=== Data for this task ===

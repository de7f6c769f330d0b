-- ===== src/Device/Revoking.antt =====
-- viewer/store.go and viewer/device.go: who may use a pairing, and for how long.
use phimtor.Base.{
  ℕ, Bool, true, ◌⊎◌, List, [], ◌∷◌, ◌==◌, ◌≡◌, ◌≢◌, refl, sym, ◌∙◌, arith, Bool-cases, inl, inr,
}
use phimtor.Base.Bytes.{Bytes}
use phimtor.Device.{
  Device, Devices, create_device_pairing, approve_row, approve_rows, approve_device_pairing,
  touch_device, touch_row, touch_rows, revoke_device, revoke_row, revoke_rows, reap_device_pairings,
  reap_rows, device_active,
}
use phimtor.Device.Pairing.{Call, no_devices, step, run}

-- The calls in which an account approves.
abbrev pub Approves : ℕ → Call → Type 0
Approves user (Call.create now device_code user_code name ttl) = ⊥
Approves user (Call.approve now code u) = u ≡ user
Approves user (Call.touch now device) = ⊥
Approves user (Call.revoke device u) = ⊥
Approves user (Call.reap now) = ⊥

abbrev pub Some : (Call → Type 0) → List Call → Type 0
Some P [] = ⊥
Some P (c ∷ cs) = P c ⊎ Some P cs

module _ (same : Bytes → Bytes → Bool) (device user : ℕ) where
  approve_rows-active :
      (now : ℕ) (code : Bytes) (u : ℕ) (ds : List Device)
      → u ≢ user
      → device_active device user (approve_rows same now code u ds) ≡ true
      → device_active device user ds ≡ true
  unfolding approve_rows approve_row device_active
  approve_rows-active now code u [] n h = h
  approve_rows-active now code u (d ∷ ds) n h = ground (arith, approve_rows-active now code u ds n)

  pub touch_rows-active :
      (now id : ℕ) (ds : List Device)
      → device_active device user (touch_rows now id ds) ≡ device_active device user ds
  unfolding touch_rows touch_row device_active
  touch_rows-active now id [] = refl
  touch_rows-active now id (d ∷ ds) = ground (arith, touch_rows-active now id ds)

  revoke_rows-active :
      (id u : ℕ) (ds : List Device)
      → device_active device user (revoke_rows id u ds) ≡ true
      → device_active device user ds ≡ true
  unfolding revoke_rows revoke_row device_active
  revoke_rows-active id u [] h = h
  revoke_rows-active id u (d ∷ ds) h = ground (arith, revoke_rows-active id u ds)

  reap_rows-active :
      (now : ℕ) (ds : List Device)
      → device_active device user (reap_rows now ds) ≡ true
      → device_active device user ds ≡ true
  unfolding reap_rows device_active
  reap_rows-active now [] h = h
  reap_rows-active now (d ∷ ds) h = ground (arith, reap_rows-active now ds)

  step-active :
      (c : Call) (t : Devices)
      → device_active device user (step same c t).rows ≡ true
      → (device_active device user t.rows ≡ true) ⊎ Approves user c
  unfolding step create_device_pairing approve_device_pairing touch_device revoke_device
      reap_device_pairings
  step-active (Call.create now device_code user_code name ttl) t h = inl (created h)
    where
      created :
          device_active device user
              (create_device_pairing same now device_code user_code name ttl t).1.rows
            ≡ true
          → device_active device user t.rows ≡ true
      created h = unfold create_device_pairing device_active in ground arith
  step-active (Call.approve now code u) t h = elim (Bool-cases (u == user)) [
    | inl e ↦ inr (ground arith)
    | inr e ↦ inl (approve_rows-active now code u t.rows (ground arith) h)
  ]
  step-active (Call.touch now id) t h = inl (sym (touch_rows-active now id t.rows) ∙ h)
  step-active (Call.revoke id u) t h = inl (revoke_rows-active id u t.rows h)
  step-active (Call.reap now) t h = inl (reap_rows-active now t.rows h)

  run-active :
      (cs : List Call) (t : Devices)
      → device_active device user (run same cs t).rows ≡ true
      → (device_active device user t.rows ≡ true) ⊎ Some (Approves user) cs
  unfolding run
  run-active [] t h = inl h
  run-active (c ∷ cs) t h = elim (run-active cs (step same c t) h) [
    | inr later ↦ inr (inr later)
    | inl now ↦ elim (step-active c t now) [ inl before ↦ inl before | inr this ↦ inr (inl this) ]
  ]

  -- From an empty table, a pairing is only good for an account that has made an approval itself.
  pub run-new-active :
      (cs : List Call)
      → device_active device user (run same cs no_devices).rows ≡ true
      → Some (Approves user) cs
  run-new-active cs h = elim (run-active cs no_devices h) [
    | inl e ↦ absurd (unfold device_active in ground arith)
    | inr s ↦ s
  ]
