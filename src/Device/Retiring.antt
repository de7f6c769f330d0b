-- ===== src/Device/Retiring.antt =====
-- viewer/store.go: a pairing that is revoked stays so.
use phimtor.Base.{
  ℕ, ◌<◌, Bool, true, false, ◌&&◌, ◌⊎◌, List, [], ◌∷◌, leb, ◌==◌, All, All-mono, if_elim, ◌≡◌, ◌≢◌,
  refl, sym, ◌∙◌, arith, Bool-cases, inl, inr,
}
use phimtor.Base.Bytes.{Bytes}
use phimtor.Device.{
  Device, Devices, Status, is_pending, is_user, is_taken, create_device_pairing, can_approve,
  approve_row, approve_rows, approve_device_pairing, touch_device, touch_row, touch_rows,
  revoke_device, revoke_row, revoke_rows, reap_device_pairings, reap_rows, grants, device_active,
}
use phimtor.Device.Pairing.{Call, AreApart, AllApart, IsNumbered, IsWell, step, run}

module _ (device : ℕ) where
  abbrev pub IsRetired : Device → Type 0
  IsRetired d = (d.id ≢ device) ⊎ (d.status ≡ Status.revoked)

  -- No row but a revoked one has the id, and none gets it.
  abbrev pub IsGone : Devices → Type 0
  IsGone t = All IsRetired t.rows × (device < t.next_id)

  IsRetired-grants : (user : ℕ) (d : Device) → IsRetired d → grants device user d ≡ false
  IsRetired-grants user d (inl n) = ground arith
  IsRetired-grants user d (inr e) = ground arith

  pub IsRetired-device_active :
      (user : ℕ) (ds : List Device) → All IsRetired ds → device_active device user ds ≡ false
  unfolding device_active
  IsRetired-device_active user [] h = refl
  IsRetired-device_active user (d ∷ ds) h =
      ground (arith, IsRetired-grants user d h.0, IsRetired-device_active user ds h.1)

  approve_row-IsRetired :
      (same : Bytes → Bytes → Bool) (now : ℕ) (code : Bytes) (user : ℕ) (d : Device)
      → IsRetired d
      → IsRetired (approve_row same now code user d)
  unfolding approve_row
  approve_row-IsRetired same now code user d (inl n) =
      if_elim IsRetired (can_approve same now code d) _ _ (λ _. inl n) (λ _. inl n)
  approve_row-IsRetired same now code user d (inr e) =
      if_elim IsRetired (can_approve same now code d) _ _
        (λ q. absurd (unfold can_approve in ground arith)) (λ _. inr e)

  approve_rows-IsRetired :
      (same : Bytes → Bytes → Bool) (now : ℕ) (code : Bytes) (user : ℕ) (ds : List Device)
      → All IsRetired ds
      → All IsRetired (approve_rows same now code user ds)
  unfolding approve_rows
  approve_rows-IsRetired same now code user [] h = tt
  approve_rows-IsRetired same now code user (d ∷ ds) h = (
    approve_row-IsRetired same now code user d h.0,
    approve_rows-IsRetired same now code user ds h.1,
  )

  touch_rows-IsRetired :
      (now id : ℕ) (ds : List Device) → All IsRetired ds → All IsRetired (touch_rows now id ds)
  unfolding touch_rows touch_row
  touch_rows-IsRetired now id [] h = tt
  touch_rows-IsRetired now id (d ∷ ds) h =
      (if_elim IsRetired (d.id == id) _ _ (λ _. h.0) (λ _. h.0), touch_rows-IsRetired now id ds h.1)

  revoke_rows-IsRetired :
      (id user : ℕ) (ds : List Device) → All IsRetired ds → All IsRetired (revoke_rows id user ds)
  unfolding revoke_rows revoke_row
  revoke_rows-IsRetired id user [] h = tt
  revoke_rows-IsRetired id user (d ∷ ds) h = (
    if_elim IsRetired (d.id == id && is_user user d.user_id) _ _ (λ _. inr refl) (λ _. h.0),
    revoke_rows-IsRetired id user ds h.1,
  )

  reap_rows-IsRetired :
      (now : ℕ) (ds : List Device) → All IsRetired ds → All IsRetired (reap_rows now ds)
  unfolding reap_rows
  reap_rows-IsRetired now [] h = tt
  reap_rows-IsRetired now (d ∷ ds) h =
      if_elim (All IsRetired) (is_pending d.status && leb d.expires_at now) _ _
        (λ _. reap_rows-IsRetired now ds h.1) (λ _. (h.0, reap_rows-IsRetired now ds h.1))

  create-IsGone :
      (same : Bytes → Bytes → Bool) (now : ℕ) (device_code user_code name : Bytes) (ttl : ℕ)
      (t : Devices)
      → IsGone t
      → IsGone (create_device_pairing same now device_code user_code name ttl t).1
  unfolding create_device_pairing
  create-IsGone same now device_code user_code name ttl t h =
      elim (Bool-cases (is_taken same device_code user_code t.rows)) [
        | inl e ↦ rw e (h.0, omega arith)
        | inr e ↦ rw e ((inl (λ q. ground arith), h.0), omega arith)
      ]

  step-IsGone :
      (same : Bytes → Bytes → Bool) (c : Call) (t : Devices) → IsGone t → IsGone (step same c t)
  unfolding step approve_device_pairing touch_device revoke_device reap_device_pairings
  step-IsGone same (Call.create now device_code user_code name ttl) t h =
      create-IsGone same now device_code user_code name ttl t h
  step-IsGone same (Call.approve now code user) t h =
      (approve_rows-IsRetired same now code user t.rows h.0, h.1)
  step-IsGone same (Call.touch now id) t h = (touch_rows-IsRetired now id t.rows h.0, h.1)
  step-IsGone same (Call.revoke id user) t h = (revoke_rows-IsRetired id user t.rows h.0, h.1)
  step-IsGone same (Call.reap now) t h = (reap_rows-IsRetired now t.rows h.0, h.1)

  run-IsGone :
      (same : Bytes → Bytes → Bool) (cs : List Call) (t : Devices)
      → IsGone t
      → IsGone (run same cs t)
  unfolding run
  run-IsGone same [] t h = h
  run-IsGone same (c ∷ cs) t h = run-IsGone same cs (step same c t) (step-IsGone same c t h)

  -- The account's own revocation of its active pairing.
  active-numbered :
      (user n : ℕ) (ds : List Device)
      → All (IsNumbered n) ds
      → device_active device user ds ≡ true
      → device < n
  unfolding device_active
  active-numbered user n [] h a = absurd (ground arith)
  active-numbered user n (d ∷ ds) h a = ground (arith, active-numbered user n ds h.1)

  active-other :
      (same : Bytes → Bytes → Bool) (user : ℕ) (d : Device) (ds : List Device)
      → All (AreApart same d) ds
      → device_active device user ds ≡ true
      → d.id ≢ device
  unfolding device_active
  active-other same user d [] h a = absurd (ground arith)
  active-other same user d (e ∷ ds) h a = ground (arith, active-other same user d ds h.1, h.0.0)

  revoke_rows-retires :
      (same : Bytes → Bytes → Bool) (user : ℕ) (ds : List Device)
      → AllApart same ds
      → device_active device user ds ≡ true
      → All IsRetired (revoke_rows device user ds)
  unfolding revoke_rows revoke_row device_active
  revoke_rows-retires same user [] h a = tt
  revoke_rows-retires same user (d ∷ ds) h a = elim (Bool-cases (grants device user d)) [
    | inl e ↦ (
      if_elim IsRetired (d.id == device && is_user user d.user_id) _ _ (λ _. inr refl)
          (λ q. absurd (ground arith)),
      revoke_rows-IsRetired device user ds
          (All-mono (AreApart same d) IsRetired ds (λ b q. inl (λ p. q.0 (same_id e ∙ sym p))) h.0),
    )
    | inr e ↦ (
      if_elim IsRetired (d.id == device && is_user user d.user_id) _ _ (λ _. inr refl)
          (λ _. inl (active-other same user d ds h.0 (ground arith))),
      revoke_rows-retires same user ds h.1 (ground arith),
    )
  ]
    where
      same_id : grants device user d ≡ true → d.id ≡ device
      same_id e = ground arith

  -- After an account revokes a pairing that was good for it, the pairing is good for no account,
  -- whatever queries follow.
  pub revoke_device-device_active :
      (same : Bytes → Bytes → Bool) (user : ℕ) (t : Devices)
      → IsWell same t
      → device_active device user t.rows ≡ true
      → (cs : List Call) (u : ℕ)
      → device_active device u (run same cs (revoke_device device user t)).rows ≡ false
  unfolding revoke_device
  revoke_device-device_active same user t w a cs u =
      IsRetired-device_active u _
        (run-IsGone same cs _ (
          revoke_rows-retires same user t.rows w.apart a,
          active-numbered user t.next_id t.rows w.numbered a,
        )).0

===

§ What is needed: Look above for the line containing "run-IsGone same [] t h = h". Output from there through the line containing "active-other same user d (e", exactly and inclusively.

§ Expected answer:
  run-IsGone same [] t h = h
  run-IsGone same (c ∷ cs) t h = run-IsGone same cs (step same c t) (step-IsGone same c t h)

  -- The account's own revocation of its active pairing.
  active-numbered :
      (user n : ℕ) (ds : List Device)
      → All (IsNumbered n) ds
      → device_active device user ds ≡ true
      → device < n
  unfolding device_active
  active-numbered user n [] h a = absurd (ground arith)
  active-numbered user n (d ∷ ds) h a = ground (arith, active-numbered user n ds h.1)

  active-other :
      (same : Bytes → Bytes → Bool) (user : ℕ) (d : Device) (ds : List Device)
      → All (AreApart same d) ds
      → device_active device user ds ≡ true
      → d.id ≢ device
  unfolding device_active
  active-other same user d [] h a = absurd (ground arith)
  active-other same user d (e ∷ ds) h a = ground (arith, active-other same user d ds h.1, h.0.0)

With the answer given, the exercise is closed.